What lines below include the word "same"? Copy each one.

======== Source information

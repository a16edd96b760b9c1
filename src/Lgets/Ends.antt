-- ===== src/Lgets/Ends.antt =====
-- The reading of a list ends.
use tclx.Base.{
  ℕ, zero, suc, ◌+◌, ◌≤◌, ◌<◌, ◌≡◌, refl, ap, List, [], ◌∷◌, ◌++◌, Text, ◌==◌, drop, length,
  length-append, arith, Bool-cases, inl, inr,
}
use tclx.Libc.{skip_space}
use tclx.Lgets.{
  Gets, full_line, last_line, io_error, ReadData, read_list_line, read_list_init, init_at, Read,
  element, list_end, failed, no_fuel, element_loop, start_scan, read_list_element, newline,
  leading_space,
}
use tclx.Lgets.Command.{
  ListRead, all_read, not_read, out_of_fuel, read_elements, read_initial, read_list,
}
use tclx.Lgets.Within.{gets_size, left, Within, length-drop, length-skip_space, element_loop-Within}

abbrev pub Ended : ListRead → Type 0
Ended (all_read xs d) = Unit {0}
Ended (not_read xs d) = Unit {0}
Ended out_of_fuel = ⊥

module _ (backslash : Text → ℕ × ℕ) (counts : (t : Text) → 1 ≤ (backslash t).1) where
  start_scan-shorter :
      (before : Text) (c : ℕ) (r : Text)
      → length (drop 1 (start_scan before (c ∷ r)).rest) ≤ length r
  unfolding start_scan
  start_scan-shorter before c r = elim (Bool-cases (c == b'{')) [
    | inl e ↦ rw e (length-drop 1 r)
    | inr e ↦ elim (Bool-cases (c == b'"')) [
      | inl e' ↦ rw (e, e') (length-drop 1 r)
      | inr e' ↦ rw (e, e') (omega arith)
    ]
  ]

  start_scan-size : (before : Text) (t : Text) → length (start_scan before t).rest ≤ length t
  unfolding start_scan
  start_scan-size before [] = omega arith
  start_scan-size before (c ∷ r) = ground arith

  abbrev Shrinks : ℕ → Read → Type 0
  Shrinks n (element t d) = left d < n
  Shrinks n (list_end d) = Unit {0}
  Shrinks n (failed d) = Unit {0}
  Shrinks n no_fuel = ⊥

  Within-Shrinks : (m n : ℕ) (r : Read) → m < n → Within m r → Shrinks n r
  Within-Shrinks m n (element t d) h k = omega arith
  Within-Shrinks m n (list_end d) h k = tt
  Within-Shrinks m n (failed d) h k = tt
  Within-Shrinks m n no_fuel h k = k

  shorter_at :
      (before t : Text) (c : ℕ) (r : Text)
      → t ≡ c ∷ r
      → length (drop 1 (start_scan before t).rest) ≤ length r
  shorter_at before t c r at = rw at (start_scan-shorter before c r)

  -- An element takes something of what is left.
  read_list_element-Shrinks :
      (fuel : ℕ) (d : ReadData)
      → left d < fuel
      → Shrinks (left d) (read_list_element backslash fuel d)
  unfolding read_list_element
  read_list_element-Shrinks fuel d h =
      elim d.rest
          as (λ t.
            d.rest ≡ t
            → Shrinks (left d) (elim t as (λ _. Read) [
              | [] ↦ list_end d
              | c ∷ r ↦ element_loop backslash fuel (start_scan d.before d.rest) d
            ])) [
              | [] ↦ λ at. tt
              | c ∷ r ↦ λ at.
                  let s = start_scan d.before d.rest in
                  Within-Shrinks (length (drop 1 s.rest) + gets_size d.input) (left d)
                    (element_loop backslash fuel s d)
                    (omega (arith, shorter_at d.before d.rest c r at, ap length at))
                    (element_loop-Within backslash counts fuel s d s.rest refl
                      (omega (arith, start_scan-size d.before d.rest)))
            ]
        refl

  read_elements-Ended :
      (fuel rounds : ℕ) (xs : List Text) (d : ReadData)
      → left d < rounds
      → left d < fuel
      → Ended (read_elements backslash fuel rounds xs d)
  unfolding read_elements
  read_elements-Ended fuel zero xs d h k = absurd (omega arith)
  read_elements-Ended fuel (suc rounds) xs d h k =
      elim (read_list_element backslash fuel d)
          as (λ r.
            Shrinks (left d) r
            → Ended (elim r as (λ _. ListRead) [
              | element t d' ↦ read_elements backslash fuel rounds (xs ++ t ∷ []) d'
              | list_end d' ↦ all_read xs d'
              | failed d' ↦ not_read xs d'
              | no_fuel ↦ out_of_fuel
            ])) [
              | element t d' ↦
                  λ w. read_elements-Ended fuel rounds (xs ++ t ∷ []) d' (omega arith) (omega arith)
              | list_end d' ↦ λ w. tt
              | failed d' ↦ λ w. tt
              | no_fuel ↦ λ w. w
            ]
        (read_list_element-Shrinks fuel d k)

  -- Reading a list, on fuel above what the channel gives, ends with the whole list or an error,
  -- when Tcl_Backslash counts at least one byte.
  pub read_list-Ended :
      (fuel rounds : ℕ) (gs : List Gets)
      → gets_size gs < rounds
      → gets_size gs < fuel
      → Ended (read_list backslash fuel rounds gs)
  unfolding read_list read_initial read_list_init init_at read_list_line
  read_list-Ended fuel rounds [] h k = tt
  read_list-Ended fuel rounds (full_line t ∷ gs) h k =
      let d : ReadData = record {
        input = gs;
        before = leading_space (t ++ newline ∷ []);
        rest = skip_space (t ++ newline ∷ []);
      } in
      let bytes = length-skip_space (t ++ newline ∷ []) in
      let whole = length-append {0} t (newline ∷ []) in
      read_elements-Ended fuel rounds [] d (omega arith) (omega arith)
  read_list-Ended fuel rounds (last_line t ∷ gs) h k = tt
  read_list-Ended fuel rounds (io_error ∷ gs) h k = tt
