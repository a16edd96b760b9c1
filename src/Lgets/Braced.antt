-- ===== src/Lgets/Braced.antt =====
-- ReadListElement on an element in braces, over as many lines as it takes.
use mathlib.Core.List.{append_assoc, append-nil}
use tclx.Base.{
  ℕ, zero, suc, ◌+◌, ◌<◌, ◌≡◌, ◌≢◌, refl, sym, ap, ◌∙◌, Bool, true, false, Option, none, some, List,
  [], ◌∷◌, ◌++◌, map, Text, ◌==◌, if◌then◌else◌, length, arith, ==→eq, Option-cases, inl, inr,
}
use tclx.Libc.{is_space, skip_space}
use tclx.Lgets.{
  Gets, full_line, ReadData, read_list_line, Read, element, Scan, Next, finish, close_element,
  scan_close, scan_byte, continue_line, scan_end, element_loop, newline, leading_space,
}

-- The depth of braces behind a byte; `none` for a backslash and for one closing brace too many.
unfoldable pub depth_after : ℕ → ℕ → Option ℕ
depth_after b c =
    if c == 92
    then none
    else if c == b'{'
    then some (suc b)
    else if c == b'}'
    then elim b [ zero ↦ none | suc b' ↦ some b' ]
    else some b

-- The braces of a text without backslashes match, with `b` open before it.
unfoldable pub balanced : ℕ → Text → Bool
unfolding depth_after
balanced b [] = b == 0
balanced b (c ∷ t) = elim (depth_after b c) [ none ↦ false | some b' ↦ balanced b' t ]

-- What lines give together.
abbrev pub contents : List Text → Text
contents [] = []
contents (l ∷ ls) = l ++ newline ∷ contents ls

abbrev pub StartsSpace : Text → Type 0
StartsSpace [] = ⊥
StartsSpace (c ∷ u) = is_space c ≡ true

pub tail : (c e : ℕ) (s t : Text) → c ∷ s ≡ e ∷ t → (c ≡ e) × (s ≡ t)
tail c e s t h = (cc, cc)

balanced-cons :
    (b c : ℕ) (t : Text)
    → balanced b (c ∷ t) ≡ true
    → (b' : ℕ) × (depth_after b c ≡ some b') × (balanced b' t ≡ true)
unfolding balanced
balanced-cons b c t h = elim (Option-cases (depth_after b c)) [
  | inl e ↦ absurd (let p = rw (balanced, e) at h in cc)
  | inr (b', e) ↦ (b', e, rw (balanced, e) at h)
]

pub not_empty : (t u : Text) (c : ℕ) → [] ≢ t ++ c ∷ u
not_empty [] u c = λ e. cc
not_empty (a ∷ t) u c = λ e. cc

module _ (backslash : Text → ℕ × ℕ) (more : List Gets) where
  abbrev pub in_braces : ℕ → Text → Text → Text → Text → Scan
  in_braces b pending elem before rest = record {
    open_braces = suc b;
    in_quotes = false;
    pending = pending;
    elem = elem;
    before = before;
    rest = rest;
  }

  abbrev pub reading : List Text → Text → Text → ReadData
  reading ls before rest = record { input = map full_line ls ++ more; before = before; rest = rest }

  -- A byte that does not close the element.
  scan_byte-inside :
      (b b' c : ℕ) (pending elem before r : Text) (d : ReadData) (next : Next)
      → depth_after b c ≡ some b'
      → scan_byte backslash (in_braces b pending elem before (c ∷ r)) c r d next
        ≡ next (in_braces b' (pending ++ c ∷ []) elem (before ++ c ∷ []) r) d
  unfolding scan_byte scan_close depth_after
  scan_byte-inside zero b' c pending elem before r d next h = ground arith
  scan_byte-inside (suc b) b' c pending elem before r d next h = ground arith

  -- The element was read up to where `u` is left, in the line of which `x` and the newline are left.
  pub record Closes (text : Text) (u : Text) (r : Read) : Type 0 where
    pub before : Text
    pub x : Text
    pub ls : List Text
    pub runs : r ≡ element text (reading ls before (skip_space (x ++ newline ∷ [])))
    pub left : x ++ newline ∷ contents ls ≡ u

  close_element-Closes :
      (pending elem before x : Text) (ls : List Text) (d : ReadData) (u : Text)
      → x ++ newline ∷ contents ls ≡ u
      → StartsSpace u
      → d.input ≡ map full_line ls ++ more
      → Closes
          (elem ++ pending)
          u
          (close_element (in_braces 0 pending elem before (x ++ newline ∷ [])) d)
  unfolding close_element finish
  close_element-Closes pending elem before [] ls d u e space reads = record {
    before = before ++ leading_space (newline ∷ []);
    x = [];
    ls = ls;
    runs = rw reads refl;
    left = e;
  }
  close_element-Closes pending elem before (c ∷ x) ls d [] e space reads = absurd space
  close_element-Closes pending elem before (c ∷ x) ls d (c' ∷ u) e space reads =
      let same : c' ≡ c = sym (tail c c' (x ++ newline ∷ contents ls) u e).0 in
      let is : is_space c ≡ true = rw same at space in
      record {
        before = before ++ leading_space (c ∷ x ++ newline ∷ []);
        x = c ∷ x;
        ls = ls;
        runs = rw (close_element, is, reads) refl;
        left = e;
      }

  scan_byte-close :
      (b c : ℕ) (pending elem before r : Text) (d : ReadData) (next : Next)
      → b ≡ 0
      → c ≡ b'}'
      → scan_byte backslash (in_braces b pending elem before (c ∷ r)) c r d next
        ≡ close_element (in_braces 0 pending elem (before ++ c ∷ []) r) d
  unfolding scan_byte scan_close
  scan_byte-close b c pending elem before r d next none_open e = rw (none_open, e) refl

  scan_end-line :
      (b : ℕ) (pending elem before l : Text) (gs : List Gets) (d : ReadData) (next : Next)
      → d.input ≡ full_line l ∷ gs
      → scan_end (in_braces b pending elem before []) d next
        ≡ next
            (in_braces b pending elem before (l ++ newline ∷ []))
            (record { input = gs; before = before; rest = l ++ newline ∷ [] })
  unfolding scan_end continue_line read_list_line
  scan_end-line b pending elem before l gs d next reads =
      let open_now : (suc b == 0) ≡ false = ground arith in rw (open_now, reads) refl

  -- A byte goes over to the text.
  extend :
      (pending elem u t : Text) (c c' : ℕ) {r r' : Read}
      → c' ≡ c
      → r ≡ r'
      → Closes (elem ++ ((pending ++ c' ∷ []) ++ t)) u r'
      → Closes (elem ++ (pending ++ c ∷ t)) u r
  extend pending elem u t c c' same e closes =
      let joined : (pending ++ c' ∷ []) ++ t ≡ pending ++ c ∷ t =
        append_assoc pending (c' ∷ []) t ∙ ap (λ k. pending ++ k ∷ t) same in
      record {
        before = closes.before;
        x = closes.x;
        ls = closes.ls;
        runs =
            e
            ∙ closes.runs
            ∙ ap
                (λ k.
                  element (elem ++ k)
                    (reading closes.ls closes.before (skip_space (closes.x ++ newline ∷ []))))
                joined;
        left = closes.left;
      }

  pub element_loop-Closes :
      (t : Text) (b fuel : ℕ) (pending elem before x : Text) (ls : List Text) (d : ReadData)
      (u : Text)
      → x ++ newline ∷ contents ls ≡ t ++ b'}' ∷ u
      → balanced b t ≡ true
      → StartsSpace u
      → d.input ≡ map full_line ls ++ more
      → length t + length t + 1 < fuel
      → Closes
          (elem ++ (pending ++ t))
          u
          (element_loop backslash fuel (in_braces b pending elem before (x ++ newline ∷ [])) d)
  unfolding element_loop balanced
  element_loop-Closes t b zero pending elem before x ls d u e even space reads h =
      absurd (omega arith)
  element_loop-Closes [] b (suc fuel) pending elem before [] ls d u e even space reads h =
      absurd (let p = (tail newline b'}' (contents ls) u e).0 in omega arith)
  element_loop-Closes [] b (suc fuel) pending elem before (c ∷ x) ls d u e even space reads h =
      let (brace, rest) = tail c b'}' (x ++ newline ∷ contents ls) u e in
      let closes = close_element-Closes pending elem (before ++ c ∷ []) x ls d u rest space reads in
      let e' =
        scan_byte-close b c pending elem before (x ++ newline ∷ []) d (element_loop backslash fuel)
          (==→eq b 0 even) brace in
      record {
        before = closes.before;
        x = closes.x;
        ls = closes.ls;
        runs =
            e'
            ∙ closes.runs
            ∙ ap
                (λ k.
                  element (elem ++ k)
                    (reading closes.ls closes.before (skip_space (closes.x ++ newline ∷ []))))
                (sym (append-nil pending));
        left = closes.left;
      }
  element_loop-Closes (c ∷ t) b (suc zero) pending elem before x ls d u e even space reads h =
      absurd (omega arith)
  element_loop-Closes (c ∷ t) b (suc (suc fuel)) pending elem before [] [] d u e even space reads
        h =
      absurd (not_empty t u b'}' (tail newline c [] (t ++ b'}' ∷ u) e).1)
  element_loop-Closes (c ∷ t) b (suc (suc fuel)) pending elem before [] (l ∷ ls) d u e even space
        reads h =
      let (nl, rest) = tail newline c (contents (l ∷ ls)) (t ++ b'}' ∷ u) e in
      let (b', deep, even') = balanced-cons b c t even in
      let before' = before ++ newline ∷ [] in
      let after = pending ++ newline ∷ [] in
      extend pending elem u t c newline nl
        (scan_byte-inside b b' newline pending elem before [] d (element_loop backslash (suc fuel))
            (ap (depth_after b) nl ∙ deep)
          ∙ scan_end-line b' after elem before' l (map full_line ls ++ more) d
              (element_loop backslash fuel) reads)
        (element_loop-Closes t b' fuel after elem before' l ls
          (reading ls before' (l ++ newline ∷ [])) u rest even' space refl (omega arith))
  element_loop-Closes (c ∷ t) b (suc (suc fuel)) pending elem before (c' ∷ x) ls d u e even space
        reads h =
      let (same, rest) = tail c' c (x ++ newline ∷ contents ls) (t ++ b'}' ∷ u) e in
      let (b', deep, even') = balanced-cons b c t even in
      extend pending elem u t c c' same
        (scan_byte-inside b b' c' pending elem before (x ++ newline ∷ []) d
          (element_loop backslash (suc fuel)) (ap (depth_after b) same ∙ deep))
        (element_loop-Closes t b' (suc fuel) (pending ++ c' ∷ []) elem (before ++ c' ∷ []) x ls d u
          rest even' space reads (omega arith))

================

#### Answer:
      let same : c' ≡ c = sym (tail c c' (x ++ newline ∷ contents ls) u e).0 in
      let is : is_space c ≡ true = rw same at space in
  extend pending elem u t c c' same e closes =
        append_assoc pending (c' ∷ []) t ∙ ap (λ k. pending ++ k ∷ t) same in
      let (same, rest) = tail c' c (x ++ newline ∷ contents ls) (t ++ b'}' ∷ u) e in
      extend pending elem u t c c' same
          (element_loop backslash (suc fuel)) (ap (depth_after b) same ∙ deep))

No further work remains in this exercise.